Il comunista curdo Ecevit Piroğlu, da quasi tre anni detenuto illegalmente in Serbia, continua lo sciopero della fame nonostante la sua vita sia in pericolo. La richiesta dei suoi avvocati di ricoverarlo in ospedale è stata respinta. Piroğlu però resta irremovibile nella sua lotta per la libertà
(Originariamente pubblicato da Novosti , il 24 maggio 2024)

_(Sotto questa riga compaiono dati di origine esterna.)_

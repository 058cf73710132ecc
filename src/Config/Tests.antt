-- ===== src/Config/Tests.antt =====
-- internal/config/config.go with the flags of a usual call.
use monitoring.Base.{Text, bytes, pos, ◌≡◌, refl, true, Option, none, some, [], ◌∷◌, arith}
use monitoring.Config.{default_flags, parse_flags}
use monitoring.Config.Names.{spaces, Piece, join_comma, parse_flags-names}

abbrev no_hash : Text → Option Text
no_hash pass = none

abbrev nginx : Piece
nginx = record { before = 0; name = bytes "nginx"; after = 1 }

abbrev ssh : Piece
ssh = record { before = 2; name = bytes "ssh"; after = 0 }

flag_text : join_comma nginx (ssh ∷ []) ≡ bytes "nginx ,  ssh"
unfolding join_comma spaces
flag_text = refl

parse_flags-names_example :
    parse_flags no_hash
      (λ d. true)
      (record default_flags { basic_auth = []; services = join_comma nginx (ssh ∷ []) })
    ≡ some (record {
      host = bytes "0.0.0.0";
      port = pos 47291;
      data_dir = bytes "./data";
      basic_auth_user = [];
      basic_auth_hash = none;
      services = bytes "nginx" ∷ bytes "ssh" ∷ [];
      log_level = bytes "info";
    })
parse_flags-names_example =
    parse_flags-names no_hash (λ d. true) default_flags nginx (ssh ∷ [])
      ((refl, ground arith), ((refl, ground arith), tt)) refl
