-- ===== src/Http.antt =====
-- internal/http: the handlers of the JSON interface and the middleware around them.
pub mod Messages
pub mod Handlers
pub mod Latest
pub mod History
pub mod Lifetime
pub mod Routes
pub mod Table
pub mod Access
pub mod Entry
pub mod Tests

A metà marzo abbiamo scritto dell’agonia vissuta dal cittadino turco Ecevit Piroğlu, da anni ormai rinchiuso illegalmente nelle carceri serbe. Piroğlu è un curdo alevita che in passato aveva partecipato alle rivolte armate contro lo Stato Islamico, motivo per cui – come molti dei suoi connazionali ed esponenti della sinistra turca – è finito nel mirino del regime di Erdoğan.

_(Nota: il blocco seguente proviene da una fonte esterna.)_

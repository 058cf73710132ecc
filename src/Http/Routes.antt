-- ===== src/Http/Routes.antt =====
-- internal/http/routes.go: the middleware. A request's credentials are none where BasicAuth finds none;
-- what bcrypt answers to a hash and a password is an argument.
use monitoring.Base.{
  if◌then◌else◌, Text, text_discrete, ℕ, ite, Bool, true, false, ◌&&◌, Option, none, some, List, [],
  ◌∷◌,
}
use monitoring.Config.{Config, auth_enabled}

-- The code of the answer that the log line shows; a handler that writes none answers 200.
unfoldable pub logged_code : ℕ → List ℕ → ℕ
logged_code code [] = code
logged_code code (c ∷ rest) = logged_code c rest

abbrev pub status_ok : ℕ
status_ok = 200

abbrev pub hash_or_nil : Option Text → Text
hash_or_nil none = []
hash_or_nil (some hash) = hash

-- `withBasicAuth`: whether the next handler is called; it answers 401 otherwise.
unfoldable pub with_basic_auth : (Text → Text → Bool) → Config → Option (Text × Text) → Bool
with_basic_auth compare cfg none = false
with_basic_auth compare cfg (some (user, pass)) =
    (ite (text_discrete user cfg.basic_auth_user) true false)
    && compare (hash_or_nil cfg.basic_auth_hash) pass

-- `wrap`: without a hash every request passes.
unfoldable pub admits : (Text → Text → Bool) → Config → Option (Text × Text) → Bool
unfolding with_basic_auth auth_enabled
admits compare cfg creds = if auth_enabled cfg then with_basic_auth compare cfg creds else true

La Turchia, paese membro della NATO, porta avanti una campagna di repressione particolarmente brutale nei confronti di tutti quelli che combattono il terrorismo islamista in Medio Oriente perché, come ormai ben noto, l’ISIS, essendo sorto tra le pieghe della NATO, ha sempre evitato di entrare in conflitto con gli alleati più fedeli degli Stati Uniti in Medio Oriente, ossia con la Turchia e Israele.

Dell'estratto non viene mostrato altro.